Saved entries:
■ ■ ■ ■ ■

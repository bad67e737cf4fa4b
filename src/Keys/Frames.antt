-- ===== src/Keys/Frames.antt =====
-- `KeyReader.read`: the bytes of an event against the bytes that were pending.
use mathlib.Core.Path.{subst}
use l.Base.{
  ◌⊎◌, ℕ, ◌-◌, ◌≤◌, Bool, true, false, Option, none, some, List, [], ◌∷◌, ◌++◌, ◌≡◌, refl, sym, ap,
  ◌∙◌, ◌==◌, ◌||◌, if◌then◌else◌, length, arith, Bool-cases, inl, inr,
}
use l.Keys.{Reader, read_byte, Event, csi_loop, utf8_loop, wanted, after_escape, read}
use l.Keys.Loops.{
  arriving, pending, ByteRead, read_byte-ByteRead, IsEvent, length-snoc, csi_loop-IsEvent,
  utf8_loop-IsEvent,
}

nil_of_length : (xs : List ℕ) → length xs ≤ 0 → xs ≡ []
nil_of_length [] h = refl
nil_of_length (x ∷ xs) h = absurd (omega arith)

pushed_back :
    (xs : List ℕ) (v : ℕ) (rest : List ℕ) → xs ≡ [] → (xs ++ v ∷ []) ++ rest ≡ v ∷ (xs ++ rest)
pushed_back xs v rest e = rw e

after_escape-IsEvent :
    (r : Reader) → r.pushback ≡ [] → IsEvent (0x1b ∷ pending r) 16 1 (after_escape r)
unfolding after_escape
after_escape-IsEvent r e = go (read_byte true r) (read_byte-ByteRead true r)
  where
    go :
        (a : Option ℕ × Reader)
        → ByteRead (pending r) (length r.pushback) a
        → IsEvent (0x1b ∷ pending r) 16 1 (
            let (b, r₁) = a in
            elim b [
              | none ↦ (0x1b ∷ [], r₁)
              | some v ↦
                  if v == b'[' || v == b'O'
                  then csi_loop 14 (0x1b ∷ v ∷ []) r₁
                  else (0x1b ∷ [], record r₁ { pushback = r₁.pushback ++ v ∷ [] })
            ])
    go (none, r₁) (c, p) = record {
      conserves = ap (λ t. 0x1b ∷ t) c;
      some_bytes = omega arith;
      at_most = omega arith;
      pushed = rw p (omega arith);
    }
    go (some v, r₁) (c, p) =
        let none_left : r₁.pushback ≡ [] =
          nil_of_length r₁.pushback (omega (arith, p, ap length e)) in
        let seq =
          csi_loop-IsEvent 14 1 (0x1b ∷ v ∷ []) r₁ (omega arith)
            (omega (arith, ap length none_left)) in
        elim (v == b'[' || v == b'O')
          as (λ t. IsEvent (0x1b ∷ pending r) 16 1 (
            if t
            then csi_loop 14 (0x1b ∷ v ∷ []) r₁
            else (0x1b ∷ [], record r₁ { pushback = r₁.pushback ++ v ∷ [] }))) [
              | true ↦ record {
                conserves = seq.conserves ∙ ap (λ t. 0x1b ∷ t) c;
                some_bytes = seq.some_bytes;
                at_most = seq.at_most;
                pushed = seq.pushed;
              }
              | false ↦ record {
                conserves =
                    ap (λ t. 0x1b ∷ t)
                      (pushed_back r₁.pushback v (arriving r₁.input) none_left ∙ c);
                some_bytes = omega arith;
                at_most = omega arith;
                pushed = omega (arith, length-snoc r₁.pushback v, ap length none_left);
              }
            ]

wanted_le : (b : ℕ) → wanted b ≤ 4
unfolding wanted
wanted_le b = ground arith

framed-IsEvent :
    (first : ℕ) (r : Reader)
    → r.pushback ≡ []
    → IsEvent
        (first ∷ pending r)
        16
        1
        (if first == 0x1b then after_escape r else utf8_loop (wanted first - 1) (first ∷ []) r)
framed-IsEvent first r e = elim (Bool-cases (first == 0x1b)) [
  | inl t ↦
      let same : first ≡ 0x1b = ground (arith, t) in
      rw t (
        subst (λ b. IsEvent (b ∷ pending r) 16 1 (after_escape r)) (sym same)
          (after_escape-IsEvent r e))
  | inr t ↦
      let ev =
        utf8_loop-IsEvent (wanted first - 1) 1 (first ∷ []) r (omega arith)
          (omega (arith, ap length e)) in
      rw t (record {
        conserves = ev.conserves;
        some_bytes = ev.some_bytes;
        at_most = omega (arith, ev.at_most, wanted_le first);
        pushed = ev.pushed;
      })
]

abbrev some_event : Event → Option (List ℕ) × Reader
some_event (out, r) = (some out, r)

event-eq : (e : Event) (out : List ℕ) (r : Reader) → some_event e ≡ (some out, r) → e ≡ (out, r)
event-eq (o, q) out r h = cc

-- Framing conserves bytes, from a reader with at most one byte pushed back: an event is the front of
-- the pending bytes, has between 1 and 16 of them, and leaves at most one byte pushed back. A read that
-- gives up leaves every byte pending and none pushed back.
pub read-IsEvent :
    (timed : Bool) (r r' : Reader) (got : Option (List ℕ))
    → length r.pushback ≤ 1
    → read timed r ≡ (got, r')
    → ((out : List ℕ) × (got ≡ some out) × IsEvent (pending r) 16 1 (out, r'))
      ⊎ ((got ≡ none) × (pending r' ≡ pending r) × (r'.pushback ≡ []))
unfolding read
read-IsEvent timed r r' got h e = go (read_byte timed r) (read_byte-ByteRead timed r) e
  where
    go :
        (a : Option ℕ × Reader)
        → ByteRead (pending r) (length r.pushback) a
        → (let (b, r₁) = a in
            let x : Option (List ℕ) × Reader = elim b [
              | none ↦ (none, r₁)
              | some first ↦ some_event (
                  if first == 0x1b
                  then after_escape r₁
                  else utf8_loop (wanted first - 1) (first ∷ []) r₁)
            ] in
            x)
          ≡ (got, r')
        → ((out : List ℕ) × (got ≡ some out) × IsEvent (pending r) 16 1 (out, r'))
          ⊎ ((got ≡ none) × (pending r' ≡ pending r) × (r'.pushback ≡ []))
    go (none, r₁) (c, p) g =
        let same : r₁ ≡ r' = cc in
        inr (cc, subst (λ z. pending z ≡ pending r) same c, subst (λ z. z.pushback ≡ []) same p)
    go (some first, r₁) (c, p) g =
        let none_left = nil_of_length r₁.pushback (omega (arith, p, h)) in
        let ev = framed-IsEvent first r₁ none_left in
        as_event
          (if first == 0x1b then after_escape r₁ else utf8_loop (wanted first - 1) (first ∷ []) r₁)
          (subst
            (λ q. IsEvent q 16 1 (
              if first == 0x1b
              then after_escape r₁
              else utf8_loop (wanted first - 1) (first ∷ []) r₁))
            c ev)
          g
      where
        as_event :
            (e : Event)
            → IsEvent (pending r) 16 1 e
            → some_event e ≡ (got, r')
            → ((out : List ℕ) × (got ≡ some out) × IsEvent (pending r) 16 1 (out, r'))
              ⊎ ((got ≡ none) × (pending r' ≡ pending r) × (r'.pushback ≡ []))
        as_event (o, q) ev k =
            let same : q ≡ r' = cc in
            inl (o, cc, subst (λ z. IsEvent (pending r) 16 1 (o, z)) same ev)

■ ■ ■ ■ ■

Task: The lines to extract from the data above begin with the line containing "framed-IsEvent first r e" and end with the line containing "utf8_loop-IsEvent (wanted first". Extract them exactly, including both.

Exercise output:
framed-IsEvent first r e = elim (Bool-cases (first == 0x1b)) [
  | inl t ↦
      let same : first ≡ 0x1b = ground (arith, t) in
      rw t (
        subst (λ b. IsEvent (b ∷ pending r) 16 1 (after_escape r)) (sym same)
          (after_escape-IsEvent r e))
  | inr t ↦
      let ev =
        utf8_loop-IsEvent (wanted first - 1) 1 (first ∷ []) r (omega arith)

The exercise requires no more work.